Foto c) E. Gelzleichter
Foto c) E. Gelzleichter

Geduldig hat Gustav sich die ganze Zeit in der Nähe des Nestes aufgehalten sie beschützt und bewacht und nun sind sie da, die Küken, die ihnen von nun an immer folgen werden, im typischen „Gänsemarsch“. Gemeinsam werden sie die Kleinen in den nächsten 50 bis 60 Tagen aufziehen - sie lehren, sich zu ernähren durch Beweidung kurzer Gräser und Kräuter an Land, das Graben mit Hilfe des Schabels nach Stauden und Wurzeln, das gelegentliche Gründeln nach Wasserpflanzen und dass Raps und Mais energiereiche Nahrung bieten - bis die eigene Schwingenmauser, die später erfolgt als die Flugfähigkeit der Jungen, abgeschlossen ist. Durch diese wunderbare Einrichtung von Mutter Natur, werden die Gössel von Amanda und Gustav nicht nur das Schwimmen erlernen, sondern auch leichter das Fliegen und die erforderlichen Flugmanöver. Sie werden bis zur nächsten Brut von Amanda und Gustav mit ihnen ziehen, manchmal auch noch länger und selbst dann, wenn sie ihre eigenen Wege ziehen, werden sie sich immer wieder an den Rastplätzen mit großer Freude an ihren Lauten und Rufen erkennen, in einem aufgeregten Wiedererkennen auch noch lange durch der Nacht.... 

Amanda und Gustav sind nur eines der vielen Grauganspaare der rund 250.000 Tiere europaweit, eigentliche Zugvögel bzw. Brutvögel Nord- und Osteuropas sowie Asiens, die durch verschiedene Umstände – wie. z.B. Futterangebot, klimatische Bedingungen usw. - gelegentlich zum Standvogel „mutieren“ Es scheint ihnen an Selbstbewusstsein nicht zu mangeln: Hoch erhobenen Hauptes schreiten sie einher in ihrer wohlbekannten Gangart mit einwärts gesetzten, starken, gelben Füßen, blicken freundlich mit klugen Augen, manchmal wie zur Begrüßung mit dem etwas klobigen, kräftigen gelben Schnabel leise schnatternd, doch laut empfindliche Störungen im Umfeld quittierend.
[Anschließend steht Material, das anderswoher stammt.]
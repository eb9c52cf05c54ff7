-- ===== src/Date.antt =====
-- internal/platform/date/date.go: calendar days, as a `time.Time` at UTC midnight. Every function
-- goes through `day`, so it answers about the day that an instant falls on in its own zone.
pub mod Gregorian
pub mod Laws
use pilam.Prelude.{
  ℕ, zero, ◌+◌, ◌-◌, ◌*◌, ◌%◌, Bool, not, ◌&&◌, ◌||◌, Option, none, some, List, [], ◌∷◌, ◌++◌,
  length, ℤ, pos, negsuc, suc, ◌+ℤ◌, ◌-ℤ◌, ltb_ℤ, eq_ℤ, nat_eq, leb, ltb, if◌then◌else◌,
}
use pilam.Prelude.Int.{floor_div, floor_mod, quot}
use pilam.Prelude.Text.{Text, itoa, Order}
use pilam.Prelude.Orders.{compare_int}
use pilam.Date.Gregorian.{Time, Civil, day_nanos, times, month_start, civil_of}

-- `Time.IsZero`
abbrev pub is_zero : Time → Bool
is_zero t = eq_ℤ t.instant (pos 0)

-- The day that an instant falls on in its own zone, and UTC midnight of a day.
unfoldable pub day_index : Time → ℤ
day_index t = floor_div (t.instant +ℤ t.offset) day_nanos

unfoldable pub midnight : ℤ → Time
midnight n = record { instant = times n day_nanos; offset = pos 0 }

-- `Time.Date`
unfoldable pub civil : Time → Civil
civil t = civil_of (day_index t)

-- `Of`: `time.Date` at UTC midnight, with a month and a day that may lie out of range.
unfoldable pub of : ℤ → ℤ → ℤ → Time
of y m d =
    midnight
      (month_start (y +ℤ floor_div (m -ℤ pos 1) 12) (floor_mod (m -ℤ pos 1) 12 + 1) +ℤ (d -ℤ pos 1))

-- The private `day`
unfoldable pub day : Time → Time
day t = let c = civil t in of c.year (pos c.month) (pos c.day)

-- `Duration` is an int64, and `Time.Sub` stops at its ends.
abbrev pub max_duration : ℕ
max_duration = 9223372036854775807

unfoldable pub sub_time : Time → Time → ℤ
sub_time a b =
    let d = a.instant -ℤ b.instant in
    if ltb_ℤ (pos max_duration) d
    then pos max_duration
    else if ltb_ℤ d (negsuc max_duration)
    then negsuc max_duration
    else d

unfoldable pub days : Time → Time → ℤ
days from to = quot (sub_time (day to) (day from)) day_nanos

unfoldable pub add_days : Time → ℤ → Time
add_days t n = let c = civil t in of c.year (pos c.month) (pos c.day +ℤ n)

unfoldable pub equal : Time → Time → Bool
equal a b = eq_ℤ (day a).instant (day b).instant

unfoldable pub before : Time → Time → Bool
before a b = ltb_ℤ (day a).instant (day b).instant

-- `Time.Compare`
abbrev pub compare_time : Time → Time → Order
compare_time a b = compare_int a.instant b.instant

unfoldable pub after : Time → Time → Bool
after a b = ltb_ℤ (day b).instant (day a).instant

-- A number in at least `width` digits, as `Time.Format` writes it.
unfoldable pub pad : ℕ → Text → Text
pad zero s = s
pad (suc missing) s = b'0' ∷ pad missing s

unfoldable pub padded : ℕ → ℕ → Text
unfolding pad
padded width n = let s = itoa (pos n) in pad (width - length s) s

unfoldable pub year_text : ℤ → Text
unfolding padded
year_text (pos n) = padded 4 n
year_text (negsuc n) = b'-' ∷ padded 4 (suc n)

-- `Format`, as DD.MM.YYYY
unfoldable format : Time → Text
unfolding padded year_text
format t =
    let c = civil (day t) in
    padded 2 c.day ++ (b'.' ∷ (padded 2 c.month ++ (b'.' ∷ year_text c.year)))

-- `ISO`, as YYYY-MM-DD
unfoldable pub iso : Time → Text
unfolding padded year_text
iso t =
    let c = civil (day t) in
    year_text c.year ++ (b'-' ∷ (padded 2 c.month ++ (b'-' ∷ padded 2 c.day)))

unfoldable pub is_leap : ℕ → Bool
is_leap y = nat_eq (y % 4) 0 && (not (nat_eq (y % 100) 0) || nat_eq (y % 400) 0)

unfoldable pub days_in : ℕ → ℕ → ℕ
unfolding is_leap
days_in m y =
    if nat_eq m 2
    then (if is_leap y then 29 else 28)
    else if nat_eq m 4 || nat_eq m 6 || nat_eq m 9 || nat_eq m 11
    then 30
    else 31

unfoldable pub is_digit : ℕ → Bool
is_digit c = leb b'0' c && leb c b'9'

abbrev digit : ℕ → ℕ
digit c = c - b'0'

-- `Parse`: `time.Parse` of the form 2006-01-02, which wants every digit and a day of the month.
unfoldable pub parse : Text → Option Time
unfolding is_digit days_in
parse (y₁ ∷ y₂ ∷ y₃ ∷ y₄ ∷ s ∷ m₁ ∷ m₂ ∷ t ∷ d₁ ∷ d₂ ∷ []) =
    let y = digit y₁ * 1000 + digit y₂ * 100 + digit y₃ * 10 + digit y₄ in
    let m = digit m₁ * 10 + digit m₂ in
    let d = digit d₁ * 10 + digit d₂ in
    if is_digit y₁
      && is_digit y₂
      && is_digit y₃
      && is_digit y₄
      && nat_eq s b'-'
      && is_digit m₁
      && is_digit m₂
      && nat_eq t b'-'
      && is_digit d₁
      && is_digit d₂
      && leb 1 m
      && leb m 12
      && leb 1 d
      && leb d (days_in m y)
    then some (of (pos y) (pos m) (pos d))
    else none
parse _ = none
Sie scheinen Saatgänsen zu ähneln, doch mit ihren auffällig hellgrauen Färbungen an den Vorderflügeln, die in ein kräftiges Dunkel übergehen, ebenfalls dunkleren, streifigen Färbungen an dem kräftigen Hals und hie und da schwarzen Bauchflecken können sie eindeutig als jene Gänse identifiziert werden, die schon Konrad Lorenz beeindruckten, nämlich als die häufigste Wildgansart Europas: die Graugänse  Mit einer Körperlänge von ca. 75 bis 90 cm, einem Durchschnittsgewicht von 2 – 4 kg und einer Spannweite der ausgebreiteten Flügel von etwa 147 – 180 cm zählen die „Anser anser“ zur zweitgrößten Gänseart Europas und sind mit Sicherheit die wilden Vorfahren der domestizierten Hausgänse in den Regionen Mitteleuropas.
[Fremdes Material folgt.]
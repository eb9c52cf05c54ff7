-- ===== src/Auth/Throttle.antt =====
-- internal/auth/throttle.go: the throttle that holds back an account which keeps failing to log in.
-- Every method holds the lock from end to end, so a method is a function on the map.
use pilam.Prelude.{
  ℕ, zero, suc, ◌+◌, ◌-◌, ◌*◌, ◌%◌, ◌^◌, Bool, true, false, not, ◌||◌, Option, none, some, List, [],
  ◌∷◌, length, keep_if, ltb, leb, ◌==◌, ◌!=◌, ℕ_eq, List_eq, if◌then◌else◌, ℤ, pos, negsuc, ◌+ℤ◌,
  ltb_ℤ, leb_ℤ,
}
use pilam.Prelude.Text.{Text}
use pilam.Date.{sub_time}
use pilam.Date.Gregorian.{Time, zero_time}
pub mod Windows
pub mod Laws
pub mod Soundness

abbrev pub free_attempts : ℕ
free_attempts = 5

abbrev pub base_window : ℕ
base_window = 1000000000

abbrev pub max_window : ℕ
max_window = 900000000000

abbrev pub sweep_at : ℕ
sweep_at = 1024

abbrev pub max_shift : ℕ
max_shift = 62

pub record Record : Type 0 where
  pub attempts : ℕ
  pub until : Time
  pub seen : Time

-- `map[string]*record`, with one entry for a key.
abbrev pub Failed : Type 0
Failed = List (Text × Record)

unfoldable pub lookup : Text → Failed → Option Record
lookup key [] = none
lookup key ((k, r) ∷ failed) = if k == key then some r else lookup key failed

-- `delete(failed, key)`, and `failed[key] = rec`.
unfoldable pub reset : Text → Failed → Failed
reset key failed = keep_if (λ e. e.0 != key) failed

unfoldable pub store : Text → Record → Failed → Failed
unfolding reset
store key r failed = (key, r) ∷ reset key failed

-- The int64 of a bit pattern.
unfoldable pub int64 : ℕ → ℤ
int64 n = if ltb n (2 ^ 63) then pos n else negsuc (2 ^ 64 - 1 - n)

-- `window`, in nanoseconds, with the shift of an int64.
unfoldable pub window : ℕ → ℤ
unfolding int64
window attempts =
    if ltb attempts free_attempts
    then pos 0
    else let over = attempts - free_attempts in
      if ltb max_shift over
      then pos max_window
      else let held = int64 ((base_window * 2 ^ over) % 2 ^ 64) in
        if ltb_ℤ (pos max_window) held || leb_ℤ held (pos 0) then pos max_window else held

-- `Time.Add`, whose instant stays in range.
abbrev add_time : Time → ℤ → Time
add_time t d = record t { instant = t.instant +ℤ d }

-- `Allow` at an instant.
unfoldable pub allow : Time → Text → Failed → Bool
unfolding lookup
allow now key failed = elim (lookup key failed) [
  | none ↦ true
  | some r ↦ not (ltb_ℤ now.instant r.until.instant)
]

unfoldable pub idle : Time → Record → Bool
idle now r = ltb_ℤ (pos max_window) (sub_time now r.seen)

unfoldable pub sweep : Time → Failed → Failed
sweep now failed = keep_if (λ e. not (idle now e.1)) failed

-- A failure of a record.
unfoldable pub count_failure : Time → Record → Record
unfolding window
count_failure now r =
    let attempts = r.attempts + 1 in
    record {
      attempts = attempts;
      until = if leb free_attempts attempts then add_time now (window attempts) else r.until;
      seen = now;
    }

abbrev pub new_record : Record
new_record = record { attempts = 0; until = zero_time; seen = zero_time }

-- `Fail` at an instant: a new key is preceded by a sweep when the map is large.
unfoldable pub fail : Time → Text → Failed → Failed
unfolding lookup store sweep count_failure
fail now key failed = elim (lookup key failed) [
  | some r ↦ store key (count_failure now r) failed
  | none ↦
      store key (count_failure now new_record)
        (if leb sweep_at (length failed) then sweep now failed else failed)
]
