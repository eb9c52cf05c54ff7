-- ===== src/World.antt =====
-- The state that a service reads and writes, and internal/postgres/tx.go. A service is a function of
-- the world that returns its result with the new world.
use pilam.Prelude.{
  ℕ, ℤ, ◌+◌, Bool, true, false, not, ◌&&◌, Option, none, some, List, [], ◌∷◌, any, if◌then◌else◌,
  ◌==◌, ℕ_eq,
}
use pilam.Prelude.Text.{Text, Order}
use pilam.Errors.{Error, commit_failed, Result, ok, err}
use pilam.Date.{day}
use pilam.Date.Gregorian.{Time}
use pilam.Ids.{Uuid, nil_id}
use pilam.Auth.Throttle.{Failed}
use pilam.Schema.{Identity, Tables, Photo, TemplateItem}
pub mod Laws
pub mod Invariants
pub mod Success

-- What a request carries in its context, and what the services are built with: the identity that the
-- middleware resolved, the clock with the offset of the business timezone at an instant, the generator
-- as the sequence that it yields, and the collation of the database.
pub record Env : Type 0 where
  pub identity : Option Identity
  pub request_id : Text
  pub now : Time
  pub zone : ℤ → ℤ
  pub fresh : ℕ → Uuid
  pub collation : Text → Text → Order

-- `Clock.Today`
abbrev pub today : Env → Time
today env = day env.now

-- `joined` is set while the context carries a transaction, and `drawn` counts the identifiers that
-- the generator has yielded. `failed` is the throttle of the logins, which lives in memory, and
-- `entropy` counts the reads of the random source.
pub record World : Type 0 where
  pub tables : Tables
  pub drawn : ℕ
  pub joined : Bool
  pub failed : Failed
  pub entropy : ℕ

abbrev pub Action : Type 0 → Type 0
Action A = World → Result A × World

abbrev pub ◌>>=◌ : {A : Type 0} → {B : Type 0} → Action A → (A → Action B) → Action B
◌>>=◌ first next w =
    let (answer, w') = first w in elim answer [ ok a ↦ next a w' | err e ↦ (err e, w') ]

abbrev pub ◌>>◌ : {A B : Type 0} → Action A → Action B → Action B
m >> k = m >>= λ _. k

infixl 5 ◌>>=◌ ◌>>◌
module _ {A : Type 0} where
  abbrev pub pure : A → Action A
  pure a w = (ok a, w)

  abbrev pub raise : Error → Action A
  raise e w = (err e, w)

  -- A read of the tables.
  abbrev pub reads : (Tables → A) → Action A
  reads f w = (ok (f w.tables), w)

  abbrev pub or_raise : Error → Option A → Action A
  or_raise e none = raise e
  or_raise e (some a) = pure a

abbrev pub lift : {A : Type 0} → Result A → Action A
lift r w = (r, w)

abbrev pub raise_if : Bool → Error → Action (Unit {0})
raise_if c e = if c then raise e else pure tt

-- An error that may be nil.
abbrev pub raise_some : Option Error → Action (Unit {0})
raise_some none = pure tt
raise_some (some e) = raise e

-- A statement that writes the tables.
abbrev pub writes : (Tables → Tables) → Action (Unit {0})
writes f w = (ok tt, record w { tables = f w.tables })

-- `Generator.New`
unfoldable pub new_id : Env → Action Uuid
new_id env w = (ok (env.fresh w.drawn), record w { drawn = w.drawn + 1 })

-- The deferred constraints of the schema: no two items of a template and no two photos of a model
-- stand at one position.
unfoldable pub items_apart : List TemplateItem → Bool
items_apart [] = true
items_apart (i ∷ rest) =
    not (any (λ j. (j.template_id == i.template_id) && (j.position == i.position)) rest)
    && items_apart rest

unfoldable pub photos_apart : List Photo → Bool
photos_apart [] = true
photos_apart (p ∷ rest) =
    not (any (λ q. (q.model_id == p.model_id) && (q.position == p.position)) rest)
    && photos_apart rest

unfoldable pub can_commit : Tables → Bool
unfolding items_apart photos_apart
can_commit t = items_apart t.items && photos_apart t.photos

-- The end of a transaction that began at `w`: a commit, or a rollback of the tables.
unfoldable pub settle : {A : Type 0} → World → Result A × World → Result A × World
settle w (err e, w') = (err e, record w' { tables = w.tables; joined = false })
settle w (ok a, w') =
    if can_commit w'.tables
    then (ok a, record w' { joined = false })
    else (err commit_failed, record w' { tables = w.tables; joined = false })

-- `DB.InTx`: a call inside a transaction joins it.
unfoldable pub in_tx : {A : Type 0} → Action A → Action A
unfolding settle
in_tx fn w = if w.joined then fn w else settle w (fn (record w { joined = true }))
Mutter Natur stattet diese Wasservögel aus der Gattung der Feldgänse mit nur wenigen angeborenen „Talenten“ aus, aber eine außerordentliche Lernfähigkeit hat sie ihnen in die Wiege gelegt, weshalb die wilden Graugänse wissenschaftlich zu den „höheren Tieren“ zählen; denn sie werden aus Erfahrung klug, und vielleicht fügt es die Summe der Erfahrungen, dass manche Graugans-Oldies das stattliche Vogelalter von 17 Jahren erreichen.
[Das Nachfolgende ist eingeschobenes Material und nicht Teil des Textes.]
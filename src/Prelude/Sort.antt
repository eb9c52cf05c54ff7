-- ===== src/Prelude/Sort.antt =====
-- `slices.SortFunc` and ORDER BY, by insertion. `before a b` says that `a` may stand before `b`.
use Prim.Native.Nat.{ℕ, suc, ◌+◌}
use mathlib.Core.Path.{◌≡◌, refl}
use mathlib.Core.Logic.{inl, inr}
use mathlib.Core.Bool.{Bool, true, false}
use mathlib.Core.List.{List, [], ◌∷◌}
use native.Mathlib.Omega.{arith}
use pilam.Prelude.Tests.{if◌then◌else◌, Bool-cases}
use pilam.Prelude.Lists.{length, All}

-- How many elements a test accepts.
abbrev pub tally : {A : Type 0} → (A → Bool) → List A → ℕ
tally p [] = 0
tally p (x ∷ xs) = (if p x then 1 else 0) + tally p xs

module _ {A : Type 0} (before : A → A → Bool) where
  unfoldable pub insert_by : A → List A → List A
  insert_by x [] = x ∷ []
  insert_by x (y ∷ ys) = if before x y then x ∷ y ∷ ys else y ∷ insert_by x ys

  unfoldable pub sort_by : List A → List A
  unfolding insert_by
  sort_by [] = []
  sort_by (x ∷ xs) = insert_by x (sort_by xs)

  tally-insert_by :
      (p : A → Bool) (x : A) (xs : List A)
      → tally p (insert_by x xs) ≡ (if p x then 1 else 0) + tally p xs
  unfolding insert_by
  tally-insert_by p x [] = refl
  tally-insert_by p x (y ∷ ys) = ground (arith, tally-insert_by p x ys)

  -- A sorted list has what the list had, as often.
  pub tally-sort_by : (p : A → Bool) (xs : List A) → tally p (sort_by xs) ≡ tally p xs
  unfolding sort_by
  tally-sort_by p [] = refl
  tally-sort_by p (x ∷ xs) = ground (arith, tally-insert_by p x (sort_by xs), tally-sort_by p xs)

  length-insert_by : (x : A) (xs : List A) → length (insert_by x xs) ≡ suc (length xs)
  unfolding insert_by
  length-insert_by x [] = refl
  length-insert_by x (y ∷ ys) = ground (arith, length-insert_by x ys)

  pub length-sort_by : (xs : List A) → length (sort_by xs) ≡ length xs
  unfolding sort_by
  length-sort_by [] = refl
  length-sort_by (x ∷ xs) = ground (arith, length-insert_by x (sort_by xs), length-sort_by xs)

  -- Each element may stand before every later one.
  abbrev pub IsSorted : List A → Type 0
  IsSorted [] = Unit
  IsSorted (x ∷ xs) = All (λ y. before x y ≡ true) xs × IsSorted xs

  insert_by-All : (P : A → Type 0) (x : A) (ys : List A) → P x → All P ys → All P (insert_by x ys)
  unfolding insert_by
  insert_by-All P x [] h all = (h, tt)
  insert_by-All P x (y ∷ ys) h all = elim (Bool-cases (before x y)) [
    | inl first ↦ rw first (h, all)
    | inr later ↦ rw later (all.0, insert_by-All P x ys h all.1)
  ]

  -- A property of each element of a list is one of each element of the sorted list.
  pub sort_by-All : (P : A → Type 0) (xs : List A) → All P xs → All P (sort_by xs)
  unfolding sort_by
  sort_by-All P [] d = tt
  sort_by-All P (x ∷ xs) d = insert_by-All P x (sort_by xs) d.0 (sort_by-All P xs d.1)

  -- A total order, among the elements of one kind.
  module _ (D : A → Type 0) (total : (a b : A) → D a → D b → before a b ≡ false → before b a ≡ true)
      (transitive : (a b c : A)
        → D a
        → D b
        → D c
        → before a b ≡ true
        → before b c ≡ true
        → before a c ≡ true) where
    below-All :
        (x y : A) (ys : List A)
        → D x
        → D y
        → All D ys
        → before x y ≡ true
        → All (λ z. before y z ≡ true) ys
        → All (λ z. before x z ≡ true) ys
    below-All x y [] dx dy d h all = tt
    below-All x y (z ∷ ys) dx dy d h all =
        (transitive x y z dx dy d.0 h all.0, below-All x y ys dx dy d.1 h all.1)

    insert_by-IsSorted :
        (x : A) (ys : List A) → D x → All D ys → IsSorted ys → IsSorted (insert_by x ys)
    unfolding insert_by
    insert_by-IsSorted x [] dx d h = (tt, tt)
    insert_by-IsSorted x (y ∷ ys) dx d h = elim (Bool-cases (before x y)) [
      | inl first ↦ rw first ((first, below-All x y ys dx d.0 d.1 first h.0), h)
      | inr later ↦ rw later (
        insert_by-All (λ z. before y z ≡ true) x ys (total x y dx d.0 later) h.0,
        insert_by-IsSorted x ys dx d.1 h.1,
      )
    ]

    pub sort_by-IsSorted : (xs : List A) → All D xs → IsSorted (sort_by xs)
    unfolding sort_by
    sort_by-IsSorted [] d = tt
    sort_by-IsSorted (x ∷ xs) d =
        insert_by-IsSorted x (sort_by xs) d.0 (sort_by-All D xs d.1) (sort_by-IsSorted xs d.1)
Mit mehr als einem Dutzend verschiedener Lautäußerungen können sich diese Wildgänse  verständigen in einem Repertoire, angefangen vom „einfachen ga, ga, gack“ der Hausgans über „Trompetenstöße“, hohen Kopftönen oder einem dunklen Schnarren, bis hin zu den wechselseitigen Rufen, die unsere Aufmerksamkeit erregen, wenn sie in ihren pfeilspitzenartigen Formationen in ihre Überwinterungsgebiete z.B. zur Westküste der iberischen Halbinsel, an die Küsten der Adria oder die Nordküsten von Tunesien und Algerien ziehen oder als Boten des Frühlings zurück nach Norden zu ihren Brut- oder Mauserplätzen zurückkehren.

“Wildgänse rauschen durch die Nacht...“ und erwecken mit ihren Rufen in uns, die wir der Erde so verhaftet sind, das merkwürdige Verlangen, es ihnen gleich zu tun: sich aufschwingen zu können hoch zum Firmament - zu wissen, wo der eigene Platz ist in der Gemeinschaft, um ein gemeinsames Ziel zu verfolgen - im Erkennen des Einzelnen und gegenseitigem Verstehen und Verständnis nur durch einen Zuruf!